If we check the SQL statement loading the materialized view, this table is used to populate the column DWH_PIT_DATE (see print screen above).
But since this table is joined with ST_SI_MESSAGE_H and ST_SI_MESSAGE_V, the oracle optimizer must do a full scan on the materialized view MV$SCORE_ST_SI_MESSAGE_HISTORY (more than 500K rows) to populate each row with exactly the same value:
SQL> select distinct dwh_pit_date from score.mv$score_st_si_message_history; DWH_PIT_DATE ------------ 09-MAY-20
There is no sense to have a column having always the same value, here we have definitely a materialized view design problem.Whatever the refresh mode using : “Complete” or “Fast”, we always scan all the materialized view logs to populate column DWH_PIT_DATE.
To solve this issue, let’s check the materialized view logs dependencies :
SQL> SELECT DISTINCT NAME 2 FROM ALL_DEPENDENCIES 3 WHERE TYPE = 'VIEW' 4 AND REFERENCED_OWNER = 'DWH_LOAD' 5 AND REFERENCED_NAME IN ('MV$SCORE_ST_SI_MESSAGE','MV$SCORE_ST_SI_MESSAGE_HISTORY') 6 ORDER BY NAME; NAME -------------------------------------------------------------------------------- V$LOAD_CC_DMSG V$LOAD_CC_FMSG V$LOAD_CC_MSG_ACK V$LOAD_CC_MSG_BOOKEDIN_BY V$LOAD_CC_MSG_PUSHEDBACK V$LOAD_CC_MSG_SCENARIO V$LOAD_CC_MSG_SOURCE V$LOAD_CC_MSG_SRC V$LOAD_CC_MSG_TRIAGED_BY 9 rows selected. SQL>
In my environment, only this objects (oracle views) use the materialized views, so I can safely remove the column DWH_CODE.DWH_PIT_DATE (the column not the join with the table DWH_CODE) from the materialized views and move it to the dependent objects.

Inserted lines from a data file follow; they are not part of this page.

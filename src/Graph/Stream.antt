-- ===== src/Graph/Stream.antt =====
-- `astream`: the events that a polling client yields for a stream mode. What the data converter makes
-- of an event on its way to the client is an argument.
use langgraph_temporal.Prelude.{
  ℕ, String, ◌==◌, ◌≡◌, refl, ap, ◌∙◌, arith, none, List, [], ◌∷◌, ◌++◌, map, if◌then◌else◌,
}
use langgraph_temporal.Prelude.Lists.{select}
use langgraph_temporal.Prelude.Result.{Result}
use langgraph_temporal.Asyncio.{EventLoop, run_until_complete}
use langgraph_temporal.Value.{Value}
use langgraph_temporal.Config.{StreamEvent}
use langgraph_temporal.Langgraph.{Langgraph}
use langgraph_temporal.Workflow.{Workflow}
use langgraph_temporal.Streaming.{Poll, poll_stream}
use langgraph_temporal.Streaming.Laws.{answers, Grows, InTime, last_buffer, poll_stream-Grows}

-- An event at the client: an object with the attributes `mode` and `data`, or something without.
pub data ClientEvent : Type 0 where
  with_mode : String → Value → ClientEvent
  without_mode : Value → ClientEvent

unfoldable pub yielded : String → ClientEvent → List Value
yielded mode (with_mode m payload) = if m == mode then payload ∷ [] else []
yielded mode (without_mode v) = v ∷ []

unfoldable pub all_yielded : String → List ClientEvent → List Value
unfolding yielded
all_yielded mode [] = []
all_yielded mode (e ∷ es) = yielded mode e ++ all_yielded mode es

-- After `astart`, with no timeout.
unfoldable pub astream : (StreamEvent → ClientEvent) → String → List Poll → List Value
unfolding all_yielded
astream convert mode polls = all_yielded mode (map convert (poll_stream none polls))

-- It collects what `astream` yields, and yields it then.
unfoldable pub stream :
    EventLoop → (StreamEvent → ClientEvent) → String → List Poll → Result (List Value)
unfolding astream run_until_complete
stream loop convert mode polls = run_until_complete loop (astream convert mode polls)

-- A converter that keeps the event's class, and one that makes a plain dict of it.
abbrev pub as_object : StreamEvent → ClientEvent
as_object e = with_mode e.mode e.payload

abbrev pub as_dict : (StreamEvent → Value) → StreamEvent → ClientEvent
as_dict to_dict e = without_mode (to_dict e)

yielded-objects :
    (mode : String) (es : List StreamEvent)
    → all_yielded mode (map as_object es) ≡ map (λ e. e.payload) (select (λ e. e.mode == mode) es)
unfolding all_yielded yielded
yielded-objects mode [] = refl
yielded-objects mode (e ∷ es) = ground (arith, yielded-objects mode es)

yielded-dicts :
    (to_dict : StreamEvent → Value) (mode : String) (es : List StreamEvent)
    → all_yielded mode (map (as_dict to_dict) es) ≡ map to_dict es
unfolding all_yielded yielded
yielded-dicts to_dict mode [] = refl
yielded-dicts to_dict mode (e ∷ es) =
    ap (λ (r : List Value). to_dict e ∷ r) (yielded-dicts to_dict mode es)

module _ (L : Langgraph) where
  -- If events reach the client as objects of their class, and the buffer only grows from poll to poll,
  -- then streaming in a mode yields the payloads of exactly the events of this mode in the last buffer
  -- seen, each once and in order.
  pub astream-objects :
      (mode : String) (xs : List (ℕ × Workflow L))
      → Grows [] xs
      → InTime none xs
      → astream as_object mode (answers xs)
        ≡ map (λ e. e.payload) (select (λ e. e.mode == mode) (last_buffer [] xs))
  unfolding astream
  astream-objects mode xs g h =
      ap (λ es. all_yielded mode (map as_object es)) (poll_stream-Grows none xs g h)
      ∙ yielded-objects mode (last_buffer [] xs)

  -- If events reach the client as plain dicts, as the elements of a list of any type do, then
  -- streaming yields the dicts of all events, whatever the mode.
  pub astream-dicts :
      (to_dict : StreamEvent → Value) (mode : String) (xs : List (ℕ × Workflow L))
      → Grows [] xs
      → InTime none xs
      → astream (as_dict to_dict) mode (answers xs) ≡ map to_dict (last_buffer [] xs)
  unfolding astream
  astream-dicts to_dict mode xs g h =
      ap (λ es. all_yielded mode (map (as_dict to_dict) es)) (poll_stream-Grows none xs g h)
      ∙ yielded-dicts to_dict mode (last_buffer [] xs)
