-- ===== src/Hex.antt =====
-- Python's `bytes.hex` and `bytes.fromhex`.
use Prim.Native.Char.{Char, code}
use mathlib.Core.Path.{subst}
use langgraph_temporal.Prelude.{
  ℕ, ◌+◌, ◌-◌, ◌*◌, ◌/◌, ◌%◌, ◌<◌, String, ◌≡◌, refl, arith, Bool, ◌||◌, ◌&&◌, List, [], ◌∷◌, leb,
  eqb, if◌then◌else◌, or_default, zero, suc, false, Bool-cases, inl, inr,
}
use langgraph_temporal.Prelude.Lists.{get_elem?}
use langgraph_temporal.Prelude.Result.{Result, ok, err, value_error, ◌>>=◌}
use langgraph_temporal.Codec.{Bytes}

-- The sixteen digits.
abbrev hex_digits : List Char
hex_digits =
    "0" ∷ "1" ∷ "2" ∷ "3" ∷ "4" ∷ "5" ∷ "6" ∷ "7" ∷ "8" ∷ "9" ∷ "a" ∷ "b" ∷ "c" ∷ "d" ∷ "e" ∷ "f"
    ∷ []

unfoldable pub digit_char : ℕ → Char
digit_char n = or_default (get_elem? hex_digits n) "0"

-- `data.hex()`: two digits for each byte.
unfoldable pub hex : Bytes → String
unfolding digit_char
hex [] = ""
hex (b ∷ bs) = String.◌∷◌ (digit_char (b / 16)) (String.◌∷◌ (digit_char (b % 16)) (hex bs))

-- The value of a digit; digits above 9 are of either case.
unfoldable pub nibble : Char → Result ℕ
nibble c =
    let n = code c in
    if leb 48 n && leb n 57
    then ok (n - 48)
    else if leb 97 n && leb n 102
    then ok (n - 87)
    else if leb 65 n && leb n 70
    then ok (n - 55)
    else err (value_error "non-hexadecimal number found")

-- ASCII whitespace, which may stand between bytes.
unfoldable pub is_space : Char → Bool
is_space c = let n = code c in eqb n 32 || (leb 9 n && leb n 13)

-- `bytes.fromhex(s)`
unfoldable pub from_hex : String → Result Bytes
unfolding nibble is_space
from_hex String.[] = ok []
from_hex (String.◌∷◌ c String.[]) =
    if is_space c then ok [] else err (value_error "non-hexadecimal number found")
from_hex (String.◌∷◌ c (String.◌∷◌ d s)) =
    let skipped = from_hex (String.◌∷◌ d s) in
    let rest = from_hex s in
    if is_space c
    then skipped
    else (nibble c >>= λ high. nibble d >>= λ low. rest >>= λ bs. ok ((high * 16 + low) ∷ bs))

-- Numbers that are bytes.
abbrev pub AreBytes : Bytes → Type 0
AreBytes [] = Unit
AreBytes (b ∷ bs) = (b < 256) × AreBytes bs

-- A property of all numbers below one, to be proved by computing.
abbrev Below : (ℕ → Type 0) → ℕ → Type 0
Below P zero = Unit
Below P (suc n) = P n × Below P n

below_at : (P : ℕ → Type 0) (n m : ℕ) → Below P n → m < n → P m
below_at P zero m b h = absurd (omega arith)
below_at P (suc n) m (p, b) h = elim (Bool-cases (eqb n m)) [
  | inl same ↦ subst P (ground (arith, same)) p
  | inr differ ↦ below_at P n m b (ground (arith, differ))
]

abbrev IsDigit : ℕ → Type 0
IsDigit n = (nibble (digit_char n) ≡ ok n) × (is_space (digit_char n) ≡ false)

digits : Below IsDigit 16
unfolding nibble digit_char is_space
digits = (
  (refl, refl),
  (
    (refl, refl),
    (
      (refl, refl),
      (
        (refl, refl),
        (
          (refl, refl),
          (
            (refl, refl),
            (
              (refl, refl),
              (
                (refl, refl),
                (
                  (refl, refl),
                  (
                    (refl, refl),
                    (
                      (refl, refl),
                      (
                        (refl, refl),
                        ((refl, refl), ((refl, refl), ((refl, refl), ((refl, refl), tt)))),
                      ),
                    ),
                  ),
                ),
              ),
            ),
          ),
        ),
      ),
    ),
  ),
)

digit_char_lem : (n : ℕ) → n < 16 → IsDigit n
digit_char_lem n h = below_at IsDigit 16 n digits h

pub from_hex-hex : (bs : Bytes) → AreBytes bs → from_hex (hex bs) ≡ ok bs
unfolding from_hex hex
from_hex-hex [] h = refl
from_hex-hex (b ∷ bs) (h, hs) = ground (
  arith,
  digit_char_lem (b / 16) (omega arith),
  digit_char_lem (b % 16) (omega arith),
  from_hex-hex bs hs,
)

After this design modifications, let’s execute the refresh and check the refresh time :
SQL> SELECT * 2 FROM ( SELECT OWNER, 3 MVIEW_NAME, 4 CONTAINER_NAME, 5 REFRESH_MODE, 6 REFRESH_METHOD, 7 LAST_REFRESH_TYPE, 8 STALENESS, 9 ROUND((LAST_REFRESH_END_TIME-LAST_REFRESH_DATE)*24*60,2) as REFRESH_TIME_MINS 10 FROM ALL_MVIEWS 11 WHERE LAST_REFRESH_TYPE IN ('FAST','COMPLETE') 12 ) 13 ORDER BY REFRESH_TIME_MINS DESC; OWNER MVIEW_NAME CONTAINER_NAME REFRES REFRESH_ LAST_REF STALENESS REFRESH_TIME_MINS --------- --------------------------------- ------------------------------------ ------ -------- -------- ------------------- --------------------- SCORE MV$SCORE_ST_SI_MESSAGE MV$SCORE_ST_SI_MESSAGE DEMAND FAST COMPLETE FRESH 1.58 SCORE MV$SCORE_ST_SI_MESSAGE_HISTORY MV$SCORE_ST_SI_MESSAGE_HISTORY DEMAND FAST COMPLETE FRESH .28
The refresh time is faster (1.86 mins) than the last one (7.75 mins) and now oracle optimizer does not full scan the materialized view to populate each row with same value (DWH_CODE.DWH_PIT_DATE).
Conclusion :
- We have reduced the refresh time from 50mins to 1.86 mins.
- Fast Refresh is not always more faster than Complete Refresh, it depends of the SQL statement loading the view and the number of rows propagated from the base tables to the container tables within the materialized view logs.
- To decrease the refresh time, act only on the refresh option (Fast, Complete, Index,etc.) is not enough, we have to also analyze and modify the SQL statement loading the materialized view.
- If you have design problem, never be afraid to modify the SQL statement and even some part of your architecture (like here the dependent objects). Of course you have to know very well the impact on your application and on your ETL process.